Others have offered in-depth critiques of neo-Malthusian theory.16 It turns out that birth rates tend to fall without coercion as countries grow richer and that population growth may make resources more plentiful thanks to humanity’s capacity for innovation. Economist Julian Simon, for example, argued that the human mind is the “ultimate resource,” allowing humanity to increase the supply of other resources, discover alternatives to overused resources, and improve efficiency of resource use.17 Recent research has found evidence supporting Simon’s view, showing that every 1 percent increase in population is associated with commodity prices falling by around 1 percent.18 In other words, each additional person helps to decrease resource scarcity on average, suggesting that humans, when free to innovate and engage in market exchange, tend to be net creators rather than net destroyers.


Also, evidence shows that as countries grow richer and children’s odds of survival improve, couples tend to choose to have smaller families without being forced to do so. (Contrastingly, parents faced with high rates of infant mortality in their communities tend to have large families in part as a strategy to improve their odds of having at least some surviving children.) This phenomenon is called the “fertility transition.” Today even in sub-Saharan Africa, the world’s poorest region, birth rates are falling voluntarily.19 The global population is projected to decline in the long run.20


Yet many people remain convinced that overpopulation is an urgent problem necessitating government intervention, so it is worthwhile to detail some of the consequences of neo-Malthusian ideas. This paper focuses on the world’s two most populous countries, China and India, which together hold roughly 40 percent of the world’s population and are where neo-Malthusianism has arguably caused the most suffering.

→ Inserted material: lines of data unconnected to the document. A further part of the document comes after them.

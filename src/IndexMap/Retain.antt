-- ===== src/IndexMap/Retain.antt =====
-- `retain`: the loop removes, entry by entry, what the predicate rejects.
use rinklers.Prelude.{
  ℕ, zero, suc, ◌+◌, ◌≡◌, refl, inl, inr, ◌↔◌, Option, none, some, List, [], ◌∷◌, ◌++◌, Bool,
  length, get_elem?, Bool-cases, arith, if◌then◌else◌, length-append, append_assoc,
  get_elem?-append_length, set-append_length,
}
use rinklers.IndexMap.{Entry, element, empty, IndexMap, retain_from, retain}
use rinklers.IndexMap.Invariant.{element?, view, IsValid}
use rinklers.IndexMap.Removal.{remove-occupied}

-- an optional element that is kept only if it satisfies the predicate
abbrev pub keep_if {ℓ} : {E : Type ℓ} → (E → Bool) → Option E → Option E
keep_if f none = none
keep_if f (some e) = if f e then some e else none

module _ {ℓ} {E : Type ℓ} (f : E → Bool) where
  retain_from-view :
      (idx : ℕ) (next : Option ℕ) (es : List (Entry E)) (j : ℕ)
      → element? (get_elem? (retain_from f idx next es).1 j) ≡ keep_if f (element? (get_elem? es j))
  unfolding retain_from
  retain_from-view idx next [] j = refl
  retain_from-view idx next (empty n ∷ es) zero = refl
  retain_from-view idx next (empty n ∷ es) (suc j) = retain_from-view (idx + 1) next es j
  retain_from-view idx next (element e ∷ es) zero = ground arith
  retain_from-view idx next (element e ∷ es) (suc j) = retain_from-view (idx + 1) _ es j

  -- moves the entry at the head of the rest to the end of the prefix
  shift :
      (pre : List (Entry E)) (x : Entry E) (es : List (Entry E))
      → (pre ++ x ∷ []) ++ es ≡ pre ++ x ∷ es
  shift pre x es = append_assoc pre (x ∷ []) es

  -- one rejected element, between the entries already visited and those to come
  reject-IsValid :
      (pre : List (Entry E)) (e : E) (es : List (Entry E)) (next : Option ℕ) (idx : ℕ)
      → idx ≡ length pre
      → IsValid (record { entries = pre ++ element e ∷ es; next_empty = next })
      → IsValid (record { entries = pre ++ empty next ∷ es; next_empty = some idx })
  reject-IsValid pre e es next idx at v =
      rw (at, ← set-append_length pre (element e) (empty next) es)
        (remove-occupied (record { entries = pre ++ element e ∷ es; next_empty = next })
          (length pre) e v (get_elem?-append_length pre (element e) es)).valid

  -- The loop goes on with one more entry visited.
  visited-length :
      (idx : ℕ) (pre : List (Entry E)) (x : Entry E)
      → idx ≡ length pre
      → idx + 1 ≡ length (pre ++ x ∷ [])
  visited-length idx pre x at = omega (arith, length-append pre (x ∷ []))

  advance :
      (pre : List (Entry E)) (x : Entry E) (es : List (Entry E)) (next : Option ℕ)
      → IsValid (record { entries = (pre ++ x ∷ []) ++ es; next_empty = next })
        ↔ IsValid (record { entries = pre ++ x ∷ es; next_empty = next })
  advance pre x es next = (λ v. rw (← shift pre x es) v, λ v. rw (shift pre x es) v)

  retain_from-IsValid :
      (idx : ℕ) (next : Option ℕ) (pre es : List (Entry E))
      → idx ≡ length pre
      → IsValid (record { entries = pre ++ es; next_empty = next })
      → IsValid (record {
        entries = pre ++ (retain_from f idx next es).1;
        next_empty = (retain_from f idx next es).0;
      })
  unfolding retain_from
  retain_from-IsValid idx next pre [] at v = v
  retain_from-IsValid idx next pre (empty n ∷ es) at v = (advance pre (empty n) _ _).0 (
      retain_from-IsValid (idx + 1) next (pre ++ empty n ∷ []) es (visited-length idx pre _ at)
        ((advance pre (empty n) es next).1 v))
  retain_from-IsValid idx next pre (element e ∷ es) at v = elim (Bool-cases (f e)) [
    | inl kept ↦ rw kept (
        (advance pre (element e) _ _).0 (
          retain_from-IsValid (idx + 1) next (pre ++ element e ∷ []) es
            (visited-length idx pre _ at) ((advance pre (element e) es next).1 v)))
    | inr dropped ↦ rw dropped (
        (advance pre (empty next) _ _).0 (
          retain_from-IsValid (idx + 1) (some idx) (pre ++ empty next ∷ []) es
            (visited-length idx pre _ at)
            ((advance pre (empty next) es (some idx)).1 (reject-IsValid pre e es next idx at v))))
  ]

  -- `retain` keeps the map valid, and keeps exactly the elements that satisfy the predicate, each at
  -- its index.
  pub retain_lem :
      (m : IndexMap E)
      → IsValid m
      → IsValid (retain m f) × ((j : ℕ) → view (retain m f) j ≡ keep_if f (view m j))
  unfolding retain
  retain_lem m v = (
    retain_from-IsValid 0 m.next_empty [] m.entries refl v,
    retain_from-view 0 m.next_empty m.entries,
  )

While neo-Malthusian human rights abuses peaked with China’s one-child policy and India’s Emergency, problematic policies continue today. In both countries, neo-Malthusian policies have contributed to higher rates of sex-selective abortion and infanticide. China has the world’s most imbalanced sex ratio at birth, resulting in 30 million more men than women, and India has the world’s fourth most imbalanced ratio despite government and private efforts to combat sex-selective abortion.21 China and India have contributed to a worldwide lopsided sex ratio at birth of 107 boys per 100 girls and to over 160 million “missing” women globally.22 (The natural sex ratio at birth, when unaltered by sex-selective abortion or infanticide, is on average 105 boys born for every for every 100 girls.23)


Cases of coercion, such as during the one-child policy and Emergency, alone are sufficient reason to oppose neo-Malthusianism. By documenting the extent of penalties and coercion, this paper seeks to demonstrate the grave importance of combating the resurgence of the neo-Malthusian mentality.